What is being asked:
What is expected is a word-for-word copy of all the entries.
#####
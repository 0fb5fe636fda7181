-- ===== src/Record/Command/Ends.antt =====
-- The time limit of record.py's `cmd_run`, whatever its samples read and raise.
use millionws.Base.{
  ℕ, suc, ◌+◌, ◌*◌, ◌≤◌, ◌<◌, ◌≡◌, refl, ap, Bool, true, false, Option, List, [], ◌∷◌, ◌++◌, length,
  arith, inl, inr,
}
use millionws.Base.Int.{pos}
use millionws.Base.Text.{Text}
use millionws.Base.Result.{Result, Result-cases, ok, raised, ◌>>=◌}
use millionws.Record.Number.{Float}
use millionws.Record.Parse.{Series, prom_vector}
use millionws.Record.Sampler.{Host, Sample, Sampler, new_sampler, sample}
use millionws.Record.Loop.{
  Args, Clock, ticks_per_second, Progress, Decision-cases, Ending, stopped, failed, running, decide,
  run_loop, run, begin, reason_text,
}
use millionws.Record.Loop.Stops.{goes_on_below_limit, not-passed}
use millionws.Record.Summary.{write_summary}
use millionws.Record.Command.{sample_all, Finish, written, left, looping, finish, cmd_run}

module _ (f : Float) where
  abbrev is_running : Ending f → Bool
  is_running (stopped rows reason) = false
  is_running (failed e) = false
  is_running (running rows) = true

  abbrev pub is_looping : Finish f → Bool
  is_looping (written rows s lines) = false
  is_looping (left e) = false
  is_looping looping = true

  -- The round `k`, from 0, ends 2 * (k + 1) seconds or more behind the start.
  abbrev pub PacedHosts : ℕ → ℕ → List (Host f × Clock) → Type 0
  PacedHosts start k [] = Unit
  PacedHosts start k ((h, c) ∷ hosts) =
      (start + ticks_per_second * (2 * suc k) ≤ c.at_limit) × PacedHosts start (suc k) hosts

  loop_ends :
      (args : Args) (start m k : ℕ) (p : Progress f) (rows : List (Sample f)) (self : Sampler f)
      (hosts : List (Host f × Clock))
      → args.max ≡ pos m
      → PacedHosts start k hosts
      → 0 < length hosts
      → m ≤ 2 * (k + length hosts)
      → is_running (run_loop f args start p rows (sample_all f self hosts)) ≡ false
  unfolding run_loop sample_all
  loop_ends args start m k p rows self [] max paced some_left enough = absurd (omega arith)
  loop_ends args start m k p rows self ((h, c) ∷ hosts) max paced some_left enough =
      elim (Result-cases (sample f h self)) [
        | inr (x, failure) ↦ rw (sample_all, failure, run_loop) refl
        | inl ((s, next), sampled) ↦ elim (Decision-cases f (decide f args start p s c)) [
          | inr (r, e) ↦ rw (sample_all, sampled, run_loop, e) refl
          | inl (p', e) ↦
              let below : 2 * suc k < m =
                not-passed f m start k c.at_limit
                  (rw max at (goes_on_below_limit f args start p s c e)) paced.0 in
              rw (sample_all, sampled, run_loop, e)
                (loop_ends args start m (suc k) p' (rows ++ (s ∷ [])) next hosts max paced.1
                  (omega arith) (omega arith))
        ]
      ]

  -- A loop that has ended takes no further round.
  loop_ended :
      (args : Args) (start : ℕ) (p : Progress f) (rows : List (Sample f)) (self : Sampler f)
      (hosts more : List (Host f × Clock))
      → is_running (run_loop f args start p rows (sample_all f self hosts)) ≡ false
      → run_loop f args start p rows (sample_all f self (hosts ++ more))
        ≡ run_loop f args start p rows (sample_all f self hosts)
  unfolding run_loop sample_all
  loop_ended args start p rows self [] more ended = absurd (cc)
  loop_ended args start p rows self ((h, c) ∷ hosts) more ended =
      elim (Result-cases (sample f h self)) [
        | inr (x, failure) ↦ rw (sample_all, failure) refl
        | inl ((s, next), sampled) ↦ elim (Decision-cases f (decide f args start p s c)) [
          | inr (r, e) ↦ rw (sample_all, sampled, run_loop, e) refl
          | inl (p', e) ↦
              rw (sample_all, sampled, run_loop, e)
                (loop_ended args start p' (rows ++ (s ∷ [])) next hosts more
                  (rw (sample_all, sampled, run_loop, e) at ended))
        ]
      ]

  finish-ends :
      (args : Args) (idle : Sample f) (answer : Option (List Series)) (e : Ending f)
      → is_running e ≡ false
      → is_looping (finish f args idle answer e) ≡ false
  unfolding finish
  finish-ends args idle answer (stopped rows reason) h =
      elim (Result-cases
        (write_summary f args idle rows (reason_text f reason) (prom_vector f answer))) [
          | inl (s, made) ↦ rw made refl
          | inr (x, failure) ↦ rw failure refl
        ]
  finish-ends args idle answer (failed x) h = refl
  finish-ends args idle answer (running rows) h = cc

  -- If `max` is not negative and each round takes the two seconds of its sleep, then after any number
  -- of rounds that is not zero and is at least max / 2, `cmd_run` has written its files or raised, and
  -- it is the same with any further rounds: none of them is taken.
  pub cmd_run-ends :
      (args : Args) (idle : Result (Sample f)) (cgroup : Text) (first : Host f) (start m : ℕ)
      (hosts more : List (Host f × Clock)) (answer : Option (List Series))
      → args.max ≡ pos m
      → PacedHosts start 0 hosts
      → 0 < length hosts
      → m ≤ 2 * length hosts
      → (is_looping (cmd_run f args idle cgroup first start hosts answer) ≡ false)
        × (cmd_run f args idle cgroup first start (hosts ++ more) answer
            ≡ cmd_run f args idle cgroup first start hosts answer)
  unfolding cmd_run run
  cmd_run-ends args (raised x) cgroup first start m hosts more answer max paced some_left enough =
      (refl, refl)
  cmd_run-ends args (ok idle) cgroup first start m hosts more answer max paced some_left enough =
      elim (Result-cases (◌>>=◌ (new_sampler f cgroup) (sample f first))) [
        | inr (x, failure) ↦ (rw (cmd_run, failure) refl, rw (cmd_run, failure) refl)
        | inl ((s, sampler), primed) ↦
            let ends =
              loop_ends args start m 0 (begin f start) [] sampler hosts max paced some_left
                (omega arith) in
            (
              rw (cmd_run, primed)
                  (finish-ends args idle answer (run f args start (sample_all f sampler hosts))
                    ends),
              rw (cmd_run, primed)
                  (ap (finish f args idle answer)
                    (loop_ended args start (begin f start) [] sampler hosts more ends)),
            )
      ]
#####
Problem solution:
repository 0fb5fe636fda7181
-- ===== src/Record/Command/Ends.antt =====
-- The time limit of record.py's `cmd_run`, whatever its samples read and raise.
use millionws.Base.{
  ℕ, suc, ◌+◌, ◌*◌, ◌≤◌, ◌<◌, ◌≡◌, refl, ap, Bool, true, false, Option, List, [], ◌∷◌, ◌++◌, length,
  arith, inl, inr,
}
use millionws.Base.Int.{pos}
use millionws.Base.Text.{Text}
use millionws.Base.Result.{Result, Result-cases, ok, raised, ◌>>=◌}
use millionws.Record.Number.{Float}
use millionws.Record.Parse.{Series, prom_vector}
use millionws.Record.Sampler.{Host, Sample, Sampler, new_sampler, sample}
use millionws.Record.Loop.{
  Args, Clock, ticks_per_second, Progress, Decision-cases, Ending, stopped, failed, running, decide,
  run_loop, run, begin, reason_text,
}
use millionws.Record.Loop.Stops.{goes_on_below_limit, not-passed}
use millionws.Record.Summary.{write_summary}
use millionws.Record.Command.{sample_all, Finish, written, left, looping, finish, cmd_run}

module _ (f : Float) where
  abbrev is_running : Ending f → Bool
  is_running (stopped rows reason) = false
  is_running (failed e) = false
  is_running (running rows) = true

  abbrev pub is_looping : Finish f → Bool
  is_looping (written rows s lines) = false
  is_looping (left e) = false
  is_looping looping = true

  -- The round `k`, from 0, ends 2 * (k + 1) seconds or more behind the start.
  abbrev pub PacedHosts : ℕ → ℕ → List (Host f × Clock) → Type 0
  PacedHosts start k [] = Unit
  PacedHosts start k ((h, c) ∷ hosts) =
      (start + ticks_per_second * (2 * suc k) ≤ c.at_limit) × PacedHosts start (suc k) hosts

  loop_ends :
      (args : Args) (start m k : ℕ) (p : Progress f) (rows : List (Sample f)) (self : Sampler f)
      (hosts : List (Host f × Clock))
      → args.max ≡ pos m
      → PacedHosts start k hosts
      → 0 < length hosts
      → m ≤ 2 * (k + length hosts)
      → is_running (run_loop f args start p rows (sample_all f self hosts)) ≡ false
  unfolding run_loop sample_all
  loop_ends args start m k p rows self [] max paced some_left enough = absurd (omega arith)
  loop_ends args start m k p rows self ((h, c) ∷ hosts) max paced some_left enough =
      elim (Result-cases (sample f h self)) [
        | inr (x, failure) ↦ rw (sample_all, failure, run_loop) refl
        | inl ((s, next), sampled) ↦ elim (Decision-cases f (decide f args start p s c)) [
          | inr (r, e) ↦ rw (sample_all, sampled, run_loop, e) refl
          | inl (p', e) ↦
              let below : 2 * suc k < m =
                not-passed f m start k c.at_limit
                  (rw max at (goes_on_below_limit f args start p s c e)) paced.0 in
              rw (sample_all, sampled, run_loop, e)
                (loop_ends args start m (suc k) p' (rows ++ (s ∷ [])) next hosts max paced.1
                  (omega arith) (omega arith))
        ]
      ]

  -- A loop that has ended takes no further round.
  loop_ended :
      (args : Args) (start : ℕ) (p : Progress f) (rows : List (Sample f)) (self : Sampler f)
      (hosts more : List (Host f × Clock))
      → is_running (run_loop f args start p rows (sample_all f self hosts)) ≡ false
      → run_loop f args start p rows (sample_all f self (hosts ++ more))
        ≡ run_loop f args start p rows (sample_all f self hosts)
  unfolding run_loop sample_all
  loop_ended args start p rows self [] more ended = absurd (cc)
  loop_ended args start p rows self ((h, c) ∷ hosts) more ended =
      elim (Result-cases (sample f h self)) [
        | inr (x, failure) ↦ rw (sample_all, failure) refl
        | inl ((s, next), sampled) ↦ elim (Decision-cases f (decide f args start p s c)) [
          | inr (r, e) ↦ rw (sample_all, sampled, run_loop, e) refl
          | inl (p', e) ↦
              rw (sample_all, sampled, run_loop, e)
                (loop_ended args start p' (rows ++ (s ∷ [])) next hosts more
                  (rw (sample_all, sampled, run_loop, e) at ended))
        ]
      ]

  finish-ends :
      (args : Args) (idle : Sample f) (answer : Option (List Series)) (e : Ending f)
      → is_running e ≡ false
      → is_looping (finish f args idle answer e) ≡ false
  unfolding finish
  finish-ends args idle answer (stopped rows reason) h =
      elim (Result-cases
        (write_summary f args idle rows (reason_text f reason) (prom_vector f answer))) [
          | inl (s, made) ↦ rw made refl
          | inr (x, failure) ↦ rw failure refl
        ]
  finish-ends args idle answer (failed x) h = refl
  finish-ends args idle answer (running rows) h = cc

  -- If `max` is not negative and each round takes the two seconds of its sleep, then after any number
  -- of rounds that is not zero and is at least max / 2, `cmd_run` has written its files or raised, and
  -- it is the same with any further rounds: none of them is taken.
  pub cmd_run-ends :
      (args : Args) (idle : Result (Sample f)) (cgroup : Text) (first : Host f) (start m : ℕ)
      (hosts more : List (Host f × Clock)) (answer : Option (List Series))
      → args.max ≡ pos m
      → PacedHosts start 0 hosts
      → 0 < length hosts
      → m ≤ 2 * length hosts
      → (is_looping (cmd_run f args idle cgroup first start hosts answer) ≡ false)
        × (cmd_run f args idle cgroup first start (hosts ++ more) answer
            ≡ cmd_run f args idle cgroup first start hosts answer)
  unfolding cmd_run run
  cmd_run-ends args (raised x) cgroup first start m hosts more answer max paced some_left enough =
      (refl, refl)
  cmd_run-ends args (ok idle) cgroup first start m hosts more answer max paced some_left enough =
      elim (Result-cases (◌>>=◌ (new_sampler f cgroup) (sample f first))) [
        | inr (x, failure) ↦ (rw (cmd_run, failure) refl, rw (cmd_run, failure) refl)
        | inl ((s, sampler), primed) ↦
            let ends =
              loop_ends args start m 0 (begin f start) [] sampler hosts max paced some_left
                (omega arith) in
            (
              rw (cmd_run, primed)
                  (finish-ends args idle answer (run f args start (sample_all f sampler hosts))
                    ends),
              rw (cmd_run, primed)
                  (ap (finish f args idle answer)
                    (loop_ended args start (begin f start) [] sampler hosts more ends)),
            )
      ]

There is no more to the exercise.